(What to do):
Below are some records; copy each line in them that contains "zero".

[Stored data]
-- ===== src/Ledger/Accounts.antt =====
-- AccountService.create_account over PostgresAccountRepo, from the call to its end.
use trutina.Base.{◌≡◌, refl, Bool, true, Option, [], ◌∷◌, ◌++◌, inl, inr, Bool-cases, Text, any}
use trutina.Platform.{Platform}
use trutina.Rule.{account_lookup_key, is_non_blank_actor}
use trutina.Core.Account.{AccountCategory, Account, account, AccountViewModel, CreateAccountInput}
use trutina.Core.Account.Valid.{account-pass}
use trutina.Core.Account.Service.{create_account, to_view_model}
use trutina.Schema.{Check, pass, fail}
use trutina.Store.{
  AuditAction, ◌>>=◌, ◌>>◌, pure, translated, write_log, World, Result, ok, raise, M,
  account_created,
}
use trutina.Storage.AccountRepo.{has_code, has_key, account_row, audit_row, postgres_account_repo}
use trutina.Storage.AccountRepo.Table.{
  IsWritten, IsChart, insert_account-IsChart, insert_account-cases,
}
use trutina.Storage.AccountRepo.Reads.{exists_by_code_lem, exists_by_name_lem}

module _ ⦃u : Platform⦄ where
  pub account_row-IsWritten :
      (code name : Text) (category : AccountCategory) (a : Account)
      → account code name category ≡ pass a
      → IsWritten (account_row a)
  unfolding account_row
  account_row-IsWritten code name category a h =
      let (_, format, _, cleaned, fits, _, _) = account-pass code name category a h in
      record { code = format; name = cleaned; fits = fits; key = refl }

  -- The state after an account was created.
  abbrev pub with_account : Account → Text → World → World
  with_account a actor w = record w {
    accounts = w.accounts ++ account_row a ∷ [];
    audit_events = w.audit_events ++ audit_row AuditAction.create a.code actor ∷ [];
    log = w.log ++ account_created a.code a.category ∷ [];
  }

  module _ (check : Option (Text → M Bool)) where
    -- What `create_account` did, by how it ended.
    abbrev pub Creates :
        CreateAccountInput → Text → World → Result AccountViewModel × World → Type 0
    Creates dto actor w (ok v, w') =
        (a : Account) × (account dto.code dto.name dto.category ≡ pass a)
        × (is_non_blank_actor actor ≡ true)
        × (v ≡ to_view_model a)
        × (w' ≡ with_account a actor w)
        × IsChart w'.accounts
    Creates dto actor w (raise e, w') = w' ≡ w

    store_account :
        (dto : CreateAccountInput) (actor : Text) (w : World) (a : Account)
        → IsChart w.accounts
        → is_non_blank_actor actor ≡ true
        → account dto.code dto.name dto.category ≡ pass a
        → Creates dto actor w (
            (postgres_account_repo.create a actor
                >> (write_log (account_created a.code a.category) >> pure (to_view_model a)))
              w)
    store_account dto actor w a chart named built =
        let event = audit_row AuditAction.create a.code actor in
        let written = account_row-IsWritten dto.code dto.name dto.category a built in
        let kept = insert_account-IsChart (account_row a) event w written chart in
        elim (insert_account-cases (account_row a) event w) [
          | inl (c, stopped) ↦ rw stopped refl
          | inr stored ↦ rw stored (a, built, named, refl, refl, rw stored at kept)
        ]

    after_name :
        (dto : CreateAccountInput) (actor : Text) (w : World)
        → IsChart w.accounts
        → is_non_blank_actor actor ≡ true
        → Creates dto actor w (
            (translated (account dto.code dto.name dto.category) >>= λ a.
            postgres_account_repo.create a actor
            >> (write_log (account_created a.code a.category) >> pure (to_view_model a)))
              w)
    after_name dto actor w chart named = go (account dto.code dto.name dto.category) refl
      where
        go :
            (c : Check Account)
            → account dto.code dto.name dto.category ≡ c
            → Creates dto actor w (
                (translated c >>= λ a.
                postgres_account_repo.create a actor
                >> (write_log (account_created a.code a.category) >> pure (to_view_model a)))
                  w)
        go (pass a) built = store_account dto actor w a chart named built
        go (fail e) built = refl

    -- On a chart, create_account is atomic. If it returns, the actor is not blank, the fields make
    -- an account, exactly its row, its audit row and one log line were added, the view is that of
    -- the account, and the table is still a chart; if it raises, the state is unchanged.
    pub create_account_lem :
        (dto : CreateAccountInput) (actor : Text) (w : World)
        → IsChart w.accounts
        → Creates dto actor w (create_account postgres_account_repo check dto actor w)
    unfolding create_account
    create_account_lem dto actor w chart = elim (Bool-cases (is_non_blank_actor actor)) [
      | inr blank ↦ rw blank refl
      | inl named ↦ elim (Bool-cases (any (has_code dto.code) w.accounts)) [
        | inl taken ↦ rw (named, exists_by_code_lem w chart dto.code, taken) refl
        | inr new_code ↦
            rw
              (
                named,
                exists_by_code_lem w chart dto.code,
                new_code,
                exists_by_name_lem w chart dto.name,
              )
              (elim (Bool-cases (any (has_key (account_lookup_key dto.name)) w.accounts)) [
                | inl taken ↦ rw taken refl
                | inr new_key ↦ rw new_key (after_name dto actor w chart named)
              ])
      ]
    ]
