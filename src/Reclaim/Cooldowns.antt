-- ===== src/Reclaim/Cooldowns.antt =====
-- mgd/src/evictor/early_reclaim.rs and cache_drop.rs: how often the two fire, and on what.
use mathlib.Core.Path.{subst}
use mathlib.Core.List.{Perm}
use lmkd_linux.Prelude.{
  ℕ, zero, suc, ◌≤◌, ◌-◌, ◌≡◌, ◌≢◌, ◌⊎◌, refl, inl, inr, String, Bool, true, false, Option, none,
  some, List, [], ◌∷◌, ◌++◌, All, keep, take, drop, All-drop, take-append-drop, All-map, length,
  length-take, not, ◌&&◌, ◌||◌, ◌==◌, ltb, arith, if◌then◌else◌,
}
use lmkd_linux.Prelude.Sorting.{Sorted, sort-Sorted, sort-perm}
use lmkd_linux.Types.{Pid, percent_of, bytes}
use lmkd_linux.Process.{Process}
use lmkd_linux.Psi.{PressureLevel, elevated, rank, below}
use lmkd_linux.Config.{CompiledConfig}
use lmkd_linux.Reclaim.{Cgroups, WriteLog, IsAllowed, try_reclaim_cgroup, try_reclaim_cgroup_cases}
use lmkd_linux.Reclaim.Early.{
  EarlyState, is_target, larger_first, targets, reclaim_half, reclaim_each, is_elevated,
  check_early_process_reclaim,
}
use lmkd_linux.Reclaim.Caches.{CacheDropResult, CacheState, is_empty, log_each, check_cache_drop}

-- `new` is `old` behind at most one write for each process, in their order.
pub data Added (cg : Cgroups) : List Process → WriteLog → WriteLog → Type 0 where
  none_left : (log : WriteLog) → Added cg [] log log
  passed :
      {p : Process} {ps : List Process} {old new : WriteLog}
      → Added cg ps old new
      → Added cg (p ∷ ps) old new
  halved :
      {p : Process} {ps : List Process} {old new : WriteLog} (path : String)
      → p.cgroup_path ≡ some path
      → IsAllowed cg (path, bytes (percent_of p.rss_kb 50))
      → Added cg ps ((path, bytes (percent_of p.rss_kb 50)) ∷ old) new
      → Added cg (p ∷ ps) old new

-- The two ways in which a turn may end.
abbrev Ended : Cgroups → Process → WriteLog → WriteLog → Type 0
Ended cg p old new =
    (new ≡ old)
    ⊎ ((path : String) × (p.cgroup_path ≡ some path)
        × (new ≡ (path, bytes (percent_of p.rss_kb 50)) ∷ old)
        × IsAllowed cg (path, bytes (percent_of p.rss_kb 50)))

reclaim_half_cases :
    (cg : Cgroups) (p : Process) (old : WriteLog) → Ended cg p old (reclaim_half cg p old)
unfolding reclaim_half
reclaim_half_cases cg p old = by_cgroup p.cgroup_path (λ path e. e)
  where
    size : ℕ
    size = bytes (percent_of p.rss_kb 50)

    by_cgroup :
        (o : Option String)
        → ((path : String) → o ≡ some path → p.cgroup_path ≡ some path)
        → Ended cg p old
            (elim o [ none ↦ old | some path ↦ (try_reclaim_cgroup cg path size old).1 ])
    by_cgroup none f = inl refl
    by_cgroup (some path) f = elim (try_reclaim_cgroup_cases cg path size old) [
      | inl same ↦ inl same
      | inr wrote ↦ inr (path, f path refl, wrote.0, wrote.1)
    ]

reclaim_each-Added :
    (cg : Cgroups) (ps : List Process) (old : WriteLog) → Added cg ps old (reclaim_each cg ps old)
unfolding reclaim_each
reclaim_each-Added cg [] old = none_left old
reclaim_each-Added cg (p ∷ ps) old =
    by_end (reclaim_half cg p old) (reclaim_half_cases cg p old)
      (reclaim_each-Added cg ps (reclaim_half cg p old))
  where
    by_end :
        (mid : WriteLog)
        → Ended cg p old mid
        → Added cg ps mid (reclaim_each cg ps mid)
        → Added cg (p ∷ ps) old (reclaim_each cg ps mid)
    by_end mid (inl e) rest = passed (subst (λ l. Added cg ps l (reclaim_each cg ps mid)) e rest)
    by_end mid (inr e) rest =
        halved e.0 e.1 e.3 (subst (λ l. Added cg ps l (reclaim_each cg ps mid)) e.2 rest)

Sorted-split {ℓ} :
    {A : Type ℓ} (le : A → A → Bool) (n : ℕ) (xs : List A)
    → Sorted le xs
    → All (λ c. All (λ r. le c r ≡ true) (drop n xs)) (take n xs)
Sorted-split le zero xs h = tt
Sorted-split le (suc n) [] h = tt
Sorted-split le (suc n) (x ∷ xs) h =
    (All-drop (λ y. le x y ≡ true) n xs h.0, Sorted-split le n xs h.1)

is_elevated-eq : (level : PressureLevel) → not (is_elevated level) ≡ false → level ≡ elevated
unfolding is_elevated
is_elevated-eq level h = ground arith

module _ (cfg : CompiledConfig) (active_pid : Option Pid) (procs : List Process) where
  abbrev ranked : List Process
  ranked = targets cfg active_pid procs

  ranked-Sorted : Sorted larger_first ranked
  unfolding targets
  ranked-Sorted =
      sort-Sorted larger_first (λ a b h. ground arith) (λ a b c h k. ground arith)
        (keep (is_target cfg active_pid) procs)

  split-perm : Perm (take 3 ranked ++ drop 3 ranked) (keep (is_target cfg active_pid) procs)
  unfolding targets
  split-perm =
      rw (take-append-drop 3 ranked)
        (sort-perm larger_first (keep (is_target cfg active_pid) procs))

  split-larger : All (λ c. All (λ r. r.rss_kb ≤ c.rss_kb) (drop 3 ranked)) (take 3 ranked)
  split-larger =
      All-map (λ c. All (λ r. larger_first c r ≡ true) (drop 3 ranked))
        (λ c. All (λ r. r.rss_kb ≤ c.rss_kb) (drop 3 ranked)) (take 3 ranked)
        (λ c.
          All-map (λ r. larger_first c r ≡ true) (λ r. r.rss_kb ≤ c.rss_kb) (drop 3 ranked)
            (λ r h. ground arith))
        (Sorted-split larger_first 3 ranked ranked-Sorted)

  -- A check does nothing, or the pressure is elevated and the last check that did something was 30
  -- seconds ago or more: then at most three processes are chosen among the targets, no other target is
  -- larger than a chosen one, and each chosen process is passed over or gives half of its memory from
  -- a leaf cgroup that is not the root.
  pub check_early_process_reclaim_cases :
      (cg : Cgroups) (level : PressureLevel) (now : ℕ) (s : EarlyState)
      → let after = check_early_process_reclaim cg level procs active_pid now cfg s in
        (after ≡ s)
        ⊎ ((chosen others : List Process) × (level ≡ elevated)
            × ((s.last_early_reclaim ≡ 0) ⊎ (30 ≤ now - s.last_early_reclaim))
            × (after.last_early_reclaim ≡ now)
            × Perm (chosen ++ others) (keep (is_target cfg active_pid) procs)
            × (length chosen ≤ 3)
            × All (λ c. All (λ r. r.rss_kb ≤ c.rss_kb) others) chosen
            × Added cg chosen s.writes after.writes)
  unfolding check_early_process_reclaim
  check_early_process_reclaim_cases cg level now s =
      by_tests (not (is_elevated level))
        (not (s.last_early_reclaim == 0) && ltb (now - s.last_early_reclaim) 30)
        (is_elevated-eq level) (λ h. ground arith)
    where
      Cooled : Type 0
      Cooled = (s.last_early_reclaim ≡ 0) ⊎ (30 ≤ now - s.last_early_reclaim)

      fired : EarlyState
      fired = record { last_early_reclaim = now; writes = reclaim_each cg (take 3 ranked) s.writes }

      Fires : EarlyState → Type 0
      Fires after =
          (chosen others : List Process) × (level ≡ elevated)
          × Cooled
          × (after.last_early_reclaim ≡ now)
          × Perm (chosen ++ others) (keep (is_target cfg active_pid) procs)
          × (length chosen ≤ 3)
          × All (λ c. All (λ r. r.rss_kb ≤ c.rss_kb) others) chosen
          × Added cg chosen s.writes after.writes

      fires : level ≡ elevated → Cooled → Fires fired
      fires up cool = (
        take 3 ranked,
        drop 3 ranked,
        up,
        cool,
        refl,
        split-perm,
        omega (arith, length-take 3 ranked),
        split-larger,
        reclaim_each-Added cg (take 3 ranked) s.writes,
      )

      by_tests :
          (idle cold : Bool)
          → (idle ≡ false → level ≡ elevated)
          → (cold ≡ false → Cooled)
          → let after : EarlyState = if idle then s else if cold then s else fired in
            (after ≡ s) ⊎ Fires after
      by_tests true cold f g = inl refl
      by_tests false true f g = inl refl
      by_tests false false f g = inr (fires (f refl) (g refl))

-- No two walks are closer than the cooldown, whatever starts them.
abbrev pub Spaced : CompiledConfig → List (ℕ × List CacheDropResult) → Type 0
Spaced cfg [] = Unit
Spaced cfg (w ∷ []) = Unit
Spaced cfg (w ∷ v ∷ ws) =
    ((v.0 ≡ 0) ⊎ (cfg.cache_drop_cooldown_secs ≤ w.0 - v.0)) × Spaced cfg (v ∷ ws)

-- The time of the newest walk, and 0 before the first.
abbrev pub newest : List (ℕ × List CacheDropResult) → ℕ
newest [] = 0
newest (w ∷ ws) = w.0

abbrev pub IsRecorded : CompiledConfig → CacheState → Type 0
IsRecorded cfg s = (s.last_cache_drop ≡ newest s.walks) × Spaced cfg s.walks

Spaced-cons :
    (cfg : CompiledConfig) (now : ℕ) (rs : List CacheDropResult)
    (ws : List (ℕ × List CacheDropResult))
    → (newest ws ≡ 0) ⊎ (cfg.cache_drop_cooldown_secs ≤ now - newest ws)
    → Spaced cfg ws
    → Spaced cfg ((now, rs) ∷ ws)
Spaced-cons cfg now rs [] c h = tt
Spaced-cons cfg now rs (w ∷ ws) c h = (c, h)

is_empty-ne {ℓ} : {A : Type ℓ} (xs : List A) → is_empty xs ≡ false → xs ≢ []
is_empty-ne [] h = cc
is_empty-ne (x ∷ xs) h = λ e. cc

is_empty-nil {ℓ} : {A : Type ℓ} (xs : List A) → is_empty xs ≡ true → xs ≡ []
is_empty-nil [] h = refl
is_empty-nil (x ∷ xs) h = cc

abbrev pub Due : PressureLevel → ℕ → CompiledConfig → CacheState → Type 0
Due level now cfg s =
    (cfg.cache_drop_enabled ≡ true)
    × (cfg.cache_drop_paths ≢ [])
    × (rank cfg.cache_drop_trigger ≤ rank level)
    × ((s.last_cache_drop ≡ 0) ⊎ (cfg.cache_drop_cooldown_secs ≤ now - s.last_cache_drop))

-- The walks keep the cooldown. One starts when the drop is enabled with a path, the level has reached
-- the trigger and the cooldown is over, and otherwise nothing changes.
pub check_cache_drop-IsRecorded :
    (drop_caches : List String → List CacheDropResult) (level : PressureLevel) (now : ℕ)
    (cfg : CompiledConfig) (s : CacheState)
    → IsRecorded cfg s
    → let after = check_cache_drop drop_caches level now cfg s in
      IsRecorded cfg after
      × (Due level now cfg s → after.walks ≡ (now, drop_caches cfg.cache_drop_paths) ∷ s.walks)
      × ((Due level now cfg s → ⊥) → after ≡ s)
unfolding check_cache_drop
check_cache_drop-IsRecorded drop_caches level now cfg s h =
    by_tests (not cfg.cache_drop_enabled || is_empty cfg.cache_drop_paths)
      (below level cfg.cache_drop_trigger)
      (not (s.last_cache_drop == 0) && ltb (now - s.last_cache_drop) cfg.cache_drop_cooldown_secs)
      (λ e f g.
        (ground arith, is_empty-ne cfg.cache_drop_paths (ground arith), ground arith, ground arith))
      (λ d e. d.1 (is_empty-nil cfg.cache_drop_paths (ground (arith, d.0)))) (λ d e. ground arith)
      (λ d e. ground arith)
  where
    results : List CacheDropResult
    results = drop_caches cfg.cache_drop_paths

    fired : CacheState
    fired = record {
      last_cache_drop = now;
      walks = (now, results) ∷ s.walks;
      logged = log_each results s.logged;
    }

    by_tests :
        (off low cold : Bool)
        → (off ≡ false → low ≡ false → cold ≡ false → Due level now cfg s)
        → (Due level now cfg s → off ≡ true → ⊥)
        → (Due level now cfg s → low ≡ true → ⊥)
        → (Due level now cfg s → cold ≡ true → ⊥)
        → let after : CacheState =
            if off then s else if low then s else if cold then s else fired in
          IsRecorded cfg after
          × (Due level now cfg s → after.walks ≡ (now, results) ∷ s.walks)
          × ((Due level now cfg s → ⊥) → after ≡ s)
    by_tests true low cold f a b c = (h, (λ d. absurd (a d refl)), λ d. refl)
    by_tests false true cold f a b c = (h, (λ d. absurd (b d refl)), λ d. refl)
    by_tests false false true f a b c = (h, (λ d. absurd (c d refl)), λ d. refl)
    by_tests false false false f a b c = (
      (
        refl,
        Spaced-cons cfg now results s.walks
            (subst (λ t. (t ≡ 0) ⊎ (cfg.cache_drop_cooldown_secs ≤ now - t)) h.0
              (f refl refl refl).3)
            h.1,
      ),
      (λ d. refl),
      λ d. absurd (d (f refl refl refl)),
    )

(Result of the task):
  ℕ, zero, suc, ◌≤◌, ◌-◌, ◌≡◌, ◌≢◌, ◌⊎◌, refl, inl, inr, String, Bool, true, false, Option, none,
Sorted-split le zero xs h = tt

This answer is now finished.